- _Given data_:

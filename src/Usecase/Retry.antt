-- ===== src/Usecase/Retry.antt =====
-- The retry of operations that wait for their reference:
-- internal/application/usecase/retry_pending_reference.go. Logging and metrics are left out; a
-- reading of the clock is an argument.
pub mod Keeps
pub mod Loop
use wagering_wallet_service.Base.{
  if◌then◌else◌, Result, no_pending_work, Uuid, Instant, ℤ, pos, pos_part, neg_part, ◌+ℤ◌, wrap64,
  ℕ, ◌+◌, ◌-◌, String, Bool, true, false, not, Option, none, some, List, [], ◌∷◌,
}
use wagering_wallet_service.Wallet.{Wallet}
use wagering_wallet_service.Wagering.Kind.{is_pending_reference}
use wagering_wallet_service.Wagering.Transaction
use wagering_wallet_service.Wagering.Transaction.{Transaction, mark_failed}
use wagering_wallet_service.Wagering.Decision.{Decision, Outcome, wait_reference, decide}
use wagering_wallet_service.Event.{Envelope}
use wagering_wallet_service.Store.{Tx, ◌>>=◌, ◌>>◌, return, fail, pure_result}
use wagering_wallet_service.Store.Wallets
use wagering_wallet_service.Store.Transactions
use wagering_wallet_service.Usecase.Backoff.{backoff}
use wagering_wallet_service.Usecase.Movement.{with_state}
use wagering_wallet_service.Usecase.Settlement.{apply_as, retried_reference}
use wagering_wallet_service.Usecase.Events.{append_settlement_events}

-- `ReferenceSettings`
pub record ReferenceSettings : Type 0 where
  pub backoff_base : ℤ  -- time.Duration
  pub backoff_max : ℤ  -- time.Duration
  pub batch_size : ℕ  -- int; a negative one is 0

-- `Time.Add`
abbrev pub add_delay : Instant → ℤ → Instant
add_delay now delay = (now + pos_part delay) - neg_part delay

abbrev pub next_attempt : ReferenceSettings → Instant → Transaction → Instant
next_attempt settings now operation = add_delay now (
    backoff settings.backoff_base settings.backoff_max
      (wrap64 (operation.reference_attempts +ℤ pos 1)))

-- `reschedule`
unfoldable pub reschedule : ReferenceSettings → Instant → Transaction → Tx (Unit {0})
unfolding Transaction.reschedule backoff
reschedule settings now operation = do
  (_, waiting) ←
      pure_result
        (with_state (Transaction.reschedule (next_attempt settings now operation) now operation))
  Transactions.update waiting

module _ (uuid_text : Uuid → String) (marshal : Envelope → Result (List ℕ)) (ids : ℕ → Uuid)
    (settings : ReferenceSettings) where
  -- `settle`
  unfoldable pub settle : Instant → Decision → Wallet → Transaction → Tx (Unit {0})
  unfolding apply_as append_settlement_events
  settle now decision account operation = do
    settled ← apply_as ids decision.outcome now decision account operation
    Transactions.update settled.operation
    append_settlement_events uuid_text marshal ids now settled.operation settled.entry
        settled.account.balance
    awakened ←
        Transactions.wake_up_waiting_for operation.provider_id operation.external_transaction_id now
    return tt

  unfoldable pub settle_or_wait :
      Outcome → Instant → Decision → Wallet → Transaction → Tx (Unit {0})
  unfolding settle reschedule
  settle_or_wait wait_reference now decision account operation = reschedule settings now operation
  settle_or_wait _ now decision account operation = settle now decision account operation

  -- The body of `attempt` for the operation that it claimed.
  unfoldable pub retry_operation : Instant → Transaction → Tx Uuid
  unfolding settle_or_wait retried_reference decide
  retry_operation now operation = do
    account ← Wallets.find_for_update operation.wallet_id
    reference ← retried_reference operation
    decision ← pure_result (decide (some account) (some operation) reference now)
    settle_or_wait decision.outcome now decision account operation
    return operation.id

  abbrev pub retry_first : Instant → List Transaction → Tx Uuid
  retry_first now [] = fail no_pending_work
  retry_first now (operation ∷ _) = retry_operation now operation

  -- The body of `attempt`; it answers `claimedID`.
  unfoldable pub attempt : Instant → Tx Uuid
  unfolding retry_operation
  attempt now = do claimed ← Transactions.claim_due_pending now 1; retry_first now claimed

-- What the body of `giveUp` does with the operation that it finds.
unfoldable pub give_up_on : Instant → Option Transaction → Tx Bool
unfolding mark_failed
give_up_on now none = return false
give_up_on now (some operation) =
    if not (is_pending_reference operation.status) then return false else do
      (_, failed) ← pure_result (with_state (mark_failed now operation))
      Transactions.update failed
      return true

-- The body of `giveUp`; it answers `failed`.
unfoldable pub give_up : Uuid → Instant → Tx Bool
unfolding give_up_on
give_up transaction_id now = do
  found ← Transactions.find_by_id_for_update transaction_id
  give_up_on now found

- _Your objective_:
Please copy out each record, character for character.

- _Result_:
filename src/Usecase/Retry.antt
-- ===== src/Usecase/Retry.antt =====
-- The retry of operations that wait for their reference:
-- internal/application/usecase/retry_pending_reference.go. Logging and metrics are left out; a
-- reading of the clock is an argument.
pub mod Keeps
pub mod Loop
use wagering_wallet_service.Base.{
  if◌then◌else◌, Result, no_pending_work, Uuid, Instant, ℤ, pos, pos_part, neg_part, ◌+ℤ◌, wrap64,
  ℕ, ◌+◌, ◌-◌, String, Bool, true, false, not, Option, none, some, List, [], ◌∷◌,
}
use wagering_wallet_service.Wallet.{Wallet}
use wagering_wallet_service.Wagering.Kind.{is_pending_reference}
use wagering_wallet_service.Wagering.Transaction
use wagering_wallet_service.Wagering.Transaction.{Transaction, mark_failed}
use wagering_wallet_service.Wagering.Decision.{Decision, Outcome, wait_reference, decide}
use wagering_wallet_service.Event.{Envelope}
use wagering_wallet_service.Store.{Tx, ◌>>=◌, ◌>>◌, return, fail, pure_result}
use wagering_wallet_service.Store.Wallets
use wagering_wallet_service.Store.Transactions
use wagering_wallet_service.Usecase.Backoff.{backoff}
use wagering_wallet_service.Usecase.Movement.{with_state}
use wagering_wallet_service.Usecase.Settlement.{apply_as, retried_reference}
use wagering_wallet_service.Usecase.Events.{append_settlement_events}

-- `ReferenceSettings`
pub record ReferenceSettings : Type 0 where
  pub backoff_base : ℤ  -- time.Duration
  pub backoff_max : ℤ  -- time.Duration
  pub batch_size : ℕ  -- int; a negative one is 0

-- `Time.Add`
abbrev pub add_delay : Instant → ℤ → Instant
add_delay now delay = (now + pos_part delay) - neg_part delay

abbrev pub next_attempt : ReferenceSettings → Instant → Transaction → Instant
next_attempt settings now operation = add_delay now (
    backoff settings.backoff_base settings.backoff_max
      (wrap64 (operation.reference_attempts +ℤ pos 1)))

-- `reschedule`
unfoldable pub reschedule : ReferenceSettings → Instant → Transaction → Tx (Unit {0})
unfolding Transaction.reschedule backoff
reschedule settings now operation = do
  (_, waiting) ←
      pure_result
        (with_state (Transaction.reschedule (next_attempt settings now operation) now operation))
  Transactions.update waiting

module _ (uuid_text : Uuid → String) (marshal : Envelope → Result (List ℕ)) (ids : ℕ → Uuid)
    (settings : ReferenceSettings) where
  -- `settle`
  unfoldable pub settle : Instant → Decision → Wallet → Transaction → Tx (Unit {0})
  unfolding apply_as append_settlement_events
  settle now decision account operation = do
    settled ← apply_as ids decision.outcome now decision account operation
    Transactions.update settled.operation
    append_settlement_events uuid_text marshal ids now settled.operation settled.entry
        settled.account.balance
    awakened ←
        Transactions.wake_up_waiting_for operation.provider_id operation.external_transaction_id now
    return tt

  unfoldable pub settle_or_wait :
      Outcome → Instant → Decision → Wallet → Transaction → Tx (Unit {0})
  unfolding settle reschedule
  settle_or_wait wait_reference now decision account operation = reschedule settings now operation
  settle_or_wait _ now decision account operation = settle now decision account operation

  -- The body of `attempt` for the operation that it claimed.
  unfoldable pub retry_operation : Instant → Transaction → Tx Uuid
  unfolding settle_or_wait retried_reference decide
  retry_operation now operation = do
    account ← Wallets.find_for_update operation.wallet_id
    reference ← retried_reference operation
    decision ← pure_result (decide (some account) (some operation) reference now)
    settle_or_wait decision.outcome now decision account operation
    return operation.id

  abbrev pub retry_first : Instant → List Transaction → Tx Uuid
  retry_first now [] = fail no_pending_work
  retry_first now (operation ∷ _) = retry_operation now operation

  -- The body of `attempt`; it answers `claimedID`.
  unfoldable pub attempt : Instant → Tx Uuid
  unfolding retry_operation
  attempt now = do claimed ← Transactions.claim_due_pending now 1; retry_first now claimed

-- What the body of `giveUp` does with the operation that it finds.
unfoldable pub give_up_on : Instant → Option Transaction → Tx Bool
unfolding mark_failed
give_up_on now none = return false
give_up_on now (some operation) =
    if not (is_pending_reference operation.status) then return false else do
      (_, failed) ← pure_result (with_state (mark_failed now operation))
      Transactions.update failed
      return true

-- The body of `giveUp`; it answers `failed`.
unfoldable pub give_up : Uuid → Instant → Tx Bool
unfolding give_up_on
give_up transaction_id now = do
  found ← Transactions.find_by_id_for_update transaction_id
  give_up_on now found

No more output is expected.